Yes that is a completely different issue than labor unions.  All unions certainly have their problems.  But without them workers would be powerless.


----------



## bholler (Sep 17, 2019)

Ashful said:


> It’s been a long time since any of those arguments were really relevant to our national situation, no need to jump back in time four generations to justify a modern crime.
> 
> Collective bargaining is simple extortion, and recognition of the fact that what you do is not worth what you’re attempting to charge for it.


You don't think corporations would gladly cut workers wages to continue to increase profits if given the chance?   I agree there is plenty of corruption in unions.  But the American worker even non union ones would be screwed without them.


----------



## EatenByLimestone (Sep 17, 2019)

They are pricing themselves into automation.

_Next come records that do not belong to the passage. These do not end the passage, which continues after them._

-- ===== src/Firewall/Detect/Laws.antt =====
-- Detection of the firewall: the questions that it sends, and what a later detection does.
use mathlib.Core.Path.{subst}
use emarecloud.Prelude.{
  ◌+◌, ◌++◌, [], ◌∷◌, sym, String, ◌≡◌, refl, ap, ◌∙◌, inl, inr, Bool, true, false, Option, none,
  some, if◌then◌else◌, Option-cases, nat_eq, string_eq, pair_eq,
}
use mathlib.Core.Option
use emarecloud.Dict
use emarecloud.Dict.Laws.{get-set, beq_refl}
use emarecloud.Firewall.Program.{
  Reply, Kind, ufw, firewalld, Service, Caches, Program, done, raised, call, M, ◌>>=◌, pure, gets,
  modify, exec,
}
use emarecloud.Firewall.Program.Sends.{Sends, sends_rules, Sends-pure}
use emarecloud.Firewall.Detect.{
  invalidate_cache, set_type_cache, ask_ufw, ask_firewalld, ask_emareos, found, probe, probe_others,
  probe_emareos, known_or_probe, detect_type, detect_type_with, look_up, known_kind, count_read,
  cache_kind,
}

-- A question of `_detect_type` to a server.
pub data IsQuestion (server : String) : String → String → Type 0 where
  of_ufw : IsQuestion server server ask_ufw
  of_firewalld : IsQuestion server server ask_firewalld
  of_emareos : IsQuestion server server ask_emareos

pub invalidate_cache-Sends :
    {P : String → String → Type 0} (s : String) → Sends P (invalidate_cache s)
unfolding invalidate_cache
invalidate_cache-Sends s = search sends_rules

found-Sends : (s : String) (k : Option Kind) → Sends (IsQuestion s) (found s k)
unfolding found set_type_cache
found-Sends s k = search sends_rules

probe_emareos-Sends : (s : String) → Sends (IsQuestion s) (probe_emareos s)
unfolding probe_emareos
probe_emareos-Sends s = search (sends_rules, found-Sends, of_emareos)

probe_others-Sends : (s : String) → Sends (IsQuestion s) (probe_others s)
unfolding probe_others
probe_others-Sends s = search (sends_rules, found-Sends, probe_emareos-Sends, of_firewalld)

probe-Sends : (s : String) → Sends (IsQuestion s) (probe s)
unfolding probe
probe-Sends s = search (sends_rules, found-Sends, probe_others-Sends, of_ufw)

known_or_probe-Sends :
    (s : String) (o : Option (Option Kind)) → Sends (IsQuestion s) (known_or_probe s o)
unfolding known_or_probe
known_or_probe-Sends s none = probe-Sends s
known_or_probe-Sends s (some k) = Sends-pure k

look_up-Sends : (s : String) → Sends (IsQuestion s) (look_up s)
unfolding look_up
look_up-Sends s = search sends_rules

pub detect_type-Sends : (s : String) → Sends (IsQuestion s) (detect_type s)
unfolding detect_type detect_type_with
detect_type-Sends s = search (sends_rules, look_up-Sends, known_or_probe-Sends)

-- What detection does in the caches that an earlier detection with an answer left: without a cache service it ends at
-- once with that answer; with one, it ends with the kind that the service answers, or asks again where it answers None.
abbrev pub StandsBy : (server : String) → Option Kind → Option Service → Caches → Type 0
StandsBy s k none c = detect_type s c ≡ done c k
StandsBy s k (some v) c =
    detect_type s c
    ≡ known_or_probe s (Option.map some (v.answer v.reads s)) (count_read (some v) c)

abbrev pub AnswersFrom : (server : String) → Program (Option Kind) → Type 0
AnswersFrom s (done c k) = StandsBy s k c.service c
AnswersFrom s (raised c e) = ⊥
AnswersFrom s (call t m k) = (r : Reply) → AnswersFrom s (k r)

with_service :
    (s : String) (k : Option Kind) (v : Service) (c : Caches)
    → c.service ≡ some v
    → StandsBy s k (some v) c
unfolding detect_type detect_type_with look_up gets modify pure ◌>>=◌
with_service s k v c e = ap (λ o. known_or_probe s (known_kind s o c) (count_read o c)) e

without_service :
    (s : String) (k : Option Kind) (c : Caches)
    → c.service ≡ none
    → Dict.get s c.kinds ≡ some k
    → detect_type s c ≡ done c k
unfolding detect_type detect_type_with look_up gets modify pure ◌>>=◌ known_or_probe
without_service s k c e h =
    ap (λ o. known_or_probe s (known_kind s o c) (count_read o c)) e
    ∙ ap (λ o. known_or_probe s o c) h

cached-again :
    (s : String) (k : Option Kind) (o : Option Service) (c : Caches)
    → c.service ≡ o
    → StandsBy s k (cache_kind s k o c).service (cache_kind s k o c)
cached-again s k none c e =
    let asked : Dict.get s (Dict.set s k c.kinds) ≡ some k =
      rw (get-set s s k c.kinds, beq_refl s) refl in
    subst (λ o. StandsBy s k o (cache_kind s k none c)) (sym e)
      (without_service s k (cache_kind s k none c) e asked)
cached-again s k (some v) c e =
    with_service s k (record v { sets = v.sets ++ ((s, k) ∷ []) }) (cache_kind s k (some v) c) refl

found-again : (s : String) (k : Option Kind) (c : Caches) → AnswersFrom s (found s k c)
unfolding found set_type_cache modify pure ◌>>=◌
found-again s k c = cached-again s k c.service c refl

found_if-again :
    (s : String) (b : Bool) (k : Option Kind) (m : M (Option Kind)) (c : Caches)
    → AnswersFrom s (m c)
    → AnswersFrom s ((if b then found s k else m) c)
found_if-again s true k m c h = found-again s k c
found_if-again s false k m c h = h

probe-again : (s : String) (c : Caches) → AnswersFrom s (probe s c)
unfolding probe probe_others probe_emareos exec ◌>>=◌
probe-again s c = λ u.
    found_if-again s _ (some ufw) (probe_others s) c
      λ f. found_if-again s _ (some firewalld) (probe_emareos s) c λ e. found-again s _ c

known-again :
    (s : String) (o : Option Service) (c : Caches)
    → c.service ≡ o
    → AnswersFrom s (known_or_probe s (known_kind s o c) (count_read o c))
unfolding known_or_probe pure
known-again s none c e = elim (Option-cases (Dict.get s c.kinds)) [
  | inl h ↦ rw h (probe-again s c)
  | inr (k, h) ↦ rw h (subst (λ o. StandsBy s k o c) (sym e) (without_service s k c e h))
]
known-again s (some v) c e = elim (Option-cases (v.answer v.reads s)) [
  | inl h ↦ rw h (probe-again s (count_read (some v) c))
  | inr (k, h) ↦
      rw h (with_service s (some k) (record v { reads = v.reads + 1 }) (count_read (some v) c) refl)
]

-- However a server replies, detection ends with an answer and never raises; asked again from the
-- caches it leaves, a manager without a cache service gives the same answer at once, sends nothing
-- and changes no cache, and one with a service gives the kind that the service answers or, where
-- that is None, asks the server again.
pub detect_type-again : (s : String) (c : Caches) → AnswersFrom s (detect_type s c)
unfolding detect_type detect_type_with look_up gets modify pure ◌>>=◌
detect_type-again s c = known-again s c.service c refl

They all are screwing themselves.  Wages are only part of the picture.  What are their benefits worth?  Why does the pickup cost so much?  Pension expenses.  $33 an hour is beans.  GM is getting labor for that wage.  It's all of those pensions and healthcare benefits they pay for retired people that is killing them.  It's the same as the post office.   BUT, they agreed to those terms.  Maybe it was to get lines moving again, but it kicked the can down the road.  I think the straightaway ended and they are looking at a hairpin curve with a cliff just beyond.  

It's not a single party that is to blame, both parties are to blame.


----------



## Ashful (Sep 17, 2019)

bholler said:


> You don't think corporations would gladly cut workers wages to continue to increase profits if given the chance?


I believe the market will find what that worker's output is really worth.  That's how it works in my profession, anyway.


----------



## bholler (Sep 17, 2019)

Ashful said:


> I believe the market will find what that worker's output is really worth.  That's how it works in my profession, anyway.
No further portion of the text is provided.